== Segment start ==
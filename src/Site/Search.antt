-- ===== src/Site/Search.antt =====
-- `wireSearch` of site/manual.js: the results under the search field. `toLowerCase` is a parameter.
pub mod Hits
use wiregrid.Base.{
  ℕ, zero, suc, ◌+◌, ◌-◌, ◌≤◌, ◌<◌, String, Bool, true, false, not, ◌&&◌, ◌==◌, ◌≡◌, refl, sym, ap,
  ◌∙◌, Option, none, some, List, [], ◌∷◌, ◌++◌, map, append-nil, append_assoc, arith, if◌then◌else◌,
  length, ltb, is_some, Bool-cases, inl, inr,
}
use wiregrid.Base.Units.{Units, codes, starts}
use wiregrid.Site.Keywords.{is_space}

-- `text.indexOf(q)`; `none` is -1.
unfoldable pub index_of : Units → Units → Option ℕ
unfolding starts
index_of q [] = if starts [] q then some 0 else none
index_of q (c ∷ s) =
    let rest = index_of q s in
    if starts (c ∷ s) q then some 0 else elim rest [ none ↦ none | some i ↦ some (suc i) ]

unfoldable pub trim_start : Units → Units
unfolding is_space
trim_start [] = []
trim_start (c ∷ s) = if is_space c then trim_start s else c ∷ s

unfoldable pub trim_end : Units → Units
unfolding is_space
trim_end [] = []
trim_end (c ∷ s) = elim (trim_end s) [ [] ↦ if is_space c then [] else c ∷ [] | d ∷ t ↦ c ∷ d ∷ t ]

unfoldable pub skip : ℕ → Units → Units
skip zero s = s
skip (suc n) [] = []
skip (suc n) (c ∷ s) = skip n s

unfoldable pub take {ℓ} : {A : Type ℓ} → ℕ → List A → List A
take zero l = []
take (suc n) [] = []
take (suc n) (x ∷ l) = x ∷ take n l

pub record Item : Type 0 where
  pub title : Units
  pub body : Units
  pub href : Units

pub record Hit : Type 0 where
  pub target : Units
  pub heading : Units
  pub bit : Units

-- The box: closed, open with the note that no pages match, or with hits.
pub data Box : Type 0 where
  closed no_match : Box
  listed : List Hit → Box

module _ (lower : Units → Units) where
  unfoldable pub hay : Item → Units
  hay item = lower (item.title ++ (32 ∷ item.body))

  unfoldable pub matches : Units → Item → Bool
  matches q item = is_some (index_of q (hay item))

  -- The loop over the index, with the break at eight hits.
  unfoldable pub find_hits : Units → List Item → List Item → List Item
  find_hits q [] hits = hits
  find_hits q (item ∷ l) hits =
      let more = if matches q item then hits ++ item ∷ [] else hits in
      let rest = find_hits q l more in if length more == 8 then more else rest

  -- `Math.max(0, at - 24)`.
  unfoldable pub bit_start : Units → Item → ℕ
  bit_start q item = elim (index_of q (hay item)) [ none ↦ 0 | some at ↦ at - 24 ]

  unfoldable pub show_hit : Units → Item → Hit
  unfolding take skip bit_start
  show_hit q item =
      let source : Units = elim item.body [ [] ↦ item.title | c ∷ s ↦ c ∷ s ] in
      let start : ℕ = bit_start q item in
      record {
        target = item.href;
        heading = item.title;
        bit = (if start == 0 then [] else 8230 ∷ []) ++ take 90 (skip start source);
      }

  unfoldable pub dims : Units → Units → Bool
  dims q label = ltb 0 (length q) && not (is_some (index_of q (lower label)))

  unfoldable pub query_of : Units → Units
  unfolding trim_start trim_end
  query_of query = lower (trim_end (trim_start query))

  -- The box for a query and its hits.
  unfoldable pub box_of : Units → List Item → Box
  unfolding show_hit
  box_of [] hits = closed
  box_of (c ∷ s) [] = no_match
  box_of (c ∷ s) (hit ∷ hits) = listed (map (show_hit (c ∷ s)) (hit ∷ hits))

  -- `render`: which links of the contents are dimmed, and the box.
  unfoldable pub render_search : List Units → List Item → Units → List Bool × Box
  unfolding dims query_of find_hits box_of
  render_search links index query =
      let q = query_of query in (map (dims q) links, box_of q (find_hits q index []))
== Segment end ==
§ TASK STATEMENT
Output the data exactly, so that every line matches the original.

§ TASK RESPONSE
filename src/Site/Search.antt
-- ===== src/Site/Search.antt =====
-- `wireSearch` of site/manual.js: the results under the search field. `toLowerCase` is a parameter.
pub mod Hits
use wiregrid.Base.{
  ℕ, zero, suc, ◌+◌, ◌-◌, ◌≤◌, ◌<◌, String, Bool, true, false, not, ◌&&◌, ◌==◌, ◌≡◌, refl, sym, ap,
  ◌∙◌, Option, none, some, List, [], ◌∷◌, ◌++◌, map, append-nil, append_assoc, arith, if◌then◌else◌,
  length, ltb, is_some, Bool-cases, inl, inr,
}
use wiregrid.Base.Units.{Units, codes, starts}
use wiregrid.Site.Keywords.{is_space}

-- `text.indexOf(q)`; `none` is -1.
unfoldable pub index_of : Units → Units → Option ℕ
unfolding starts
index_of q [] = if starts [] q then some 0 else none
index_of q (c ∷ s) =
    let rest = index_of q s in
    if starts (c ∷ s) q then some 0 else elim rest [ none ↦ none | some i ↦ some (suc i) ]

unfoldable pub trim_start : Units → Units
unfolding is_space
trim_start [] = []
trim_start (c ∷ s) = if is_space c then trim_start s else c ∷ s

unfoldable pub trim_end : Units → Units
unfolding is_space
trim_end [] = []
trim_end (c ∷ s) = elim (trim_end s) [ [] ↦ if is_space c then [] else c ∷ [] | d ∷ t ↦ c ∷ d ∷ t ]

unfoldable pub skip : ℕ → Units → Units
skip zero s = s
skip (suc n) [] = []
skip (suc n) (c ∷ s) = skip n s

unfoldable pub take {ℓ} : {A : Type ℓ} → ℕ → List A → List A
take zero l = []
take (suc n) [] = []
take (suc n) (x ∷ l) = x ∷ take n l

pub record Item : Type 0 where
  pub title : Units
  pub body : Units
  pub href : Units

pub record Hit : Type 0 where
  pub target : Units
  pub heading : Units
  pub bit : Units

-- The box: closed, open with the note that no pages match, or with hits.
pub data Box : Type 0 where
  closed no_match : Box
  listed : List Hit → Box

module _ (lower : Units → Units) where
  unfoldable pub hay : Item → Units
  hay item = lower (item.title ++ (32 ∷ item.body))

  unfoldable pub matches : Units → Item → Bool
  matches q item = is_some (index_of q (hay item))

  -- The loop over the index, with the break at eight hits.
  unfoldable pub find_hits : Units → List Item → List Item → List Item
  find_hits q [] hits = hits
  find_hits q (item ∷ l) hits =
      let more = if matches q item then hits ++ item ∷ [] else hits in
      let rest = find_hits q l more in if length more == 8 then more else rest

  -- `Math.max(0, at - 24)`.
  unfoldable pub bit_start : Units → Item → ℕ
  bit_start q item = elim (index_of q (hay item)) [ none ↦ 0 | some at ↦ at - 24 ]

  unfoldable pub show_hit : Units → Item → Hit
  unfolding take skip bit_start
  show_hit q item =
      let source : Units = elim item.body [ [] ↦ item.title | c ∷ s ↦ c ∷ s ] in
      let start : ℕ = bit_start q item in
      record {
        target = item.href;
        heading = item.title;
        bit = (if start == 0 then [] else 8230 ∷ []) ++ take 90 (skip start source);
      }

  unfoldable pub dims : Units → Units → Bool
  dims q label = ltb 0 (length q) && not (is_some (index_of q (lower label)))

  unfoldable pub query_of : Units → Units
  unfolding trim_start trim_end
  query_of query = lower (trim_end (trim_start query))

  -- The box for a query and its hits.
  unfoldable pub box_of : Units → List Item → Box
  unfolding show_hit
  box_of [] hits = closed
  box_of (c ∷ s) [] = no_match
  box_of (c ∷ s) (hit ∷ hits) = listed (map (show_hit (c ∷ s)) (hit ∷ hits))

  -- `render`: which links of the contents are dimmed, and the box.
  unfoldable pub render_search : List Units → List Item → Units → List Bool × Box
  unfolding dims query_of find_hits box_of
  render_search links index query =
      let q = query_of query in (map (dims q) links, box_of q (find_hits q index []))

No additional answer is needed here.